__About this exercise__:
Take from the records below each line that holds "refl".

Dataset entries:

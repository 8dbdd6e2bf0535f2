-- ===== src/Event/Registry/Tests.antt =====
-- Runs of the registry.
use qaiosplus.Base.{◌≡◌, refl, [], ◌∷◌, some, none, first_from}
use qaiosplus.Event.Registry.{
  Registry, empty_entry, register_service, unregister_service, on_svc_msg, name_hash, hash_from,
  place_service,
}

abbrev none_yet : Registry
none_yet = record { entries = λ i. empty_entry; next_id = 1 }

-- The hash of one letter, from the published test vectors of FNV-1a.
name_hash_run : name_hash (97 ∷ []) ≡ 0xe40c292c
unfolding name_hash hash_from
name_hash_run = refl

abbrev one : Registry
one = (register_service none_yet (97 ∷ []) 5 6).0

call_run : on_svc_msg one (name_hash (97 ∷ [])) ≡ some (5, 6)
unfolding on_svc_msg register_service place_service name_hash hash_from first_from
call_run = refl

again_run : (register_service one (97 ∷ []) 7 8).1 ≡ 0
unfolding register_service place_service name_hash hash_from first_from
again_run = refl

gone_run : on_svc_msg (unregister_service one 1).0 (name_hash (97 ∷ [])) ≡ none
unfolding on_svc_msg unregister_service register_service place_service name_hash hash_from
    first_from
gone_run = refl
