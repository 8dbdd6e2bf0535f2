-- ===== src/Files.antt =====
-- The file system layer, QFileSystem/.
pub mod Vfs
pub mod Path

__Answer to this problem__:
use qaiosplus.Base.{◌≡◌, refl, [], ◌∷◌, some, none, first_from}
name_hash_run = refl
call_run = refl
again_run = refl
gone_run = refl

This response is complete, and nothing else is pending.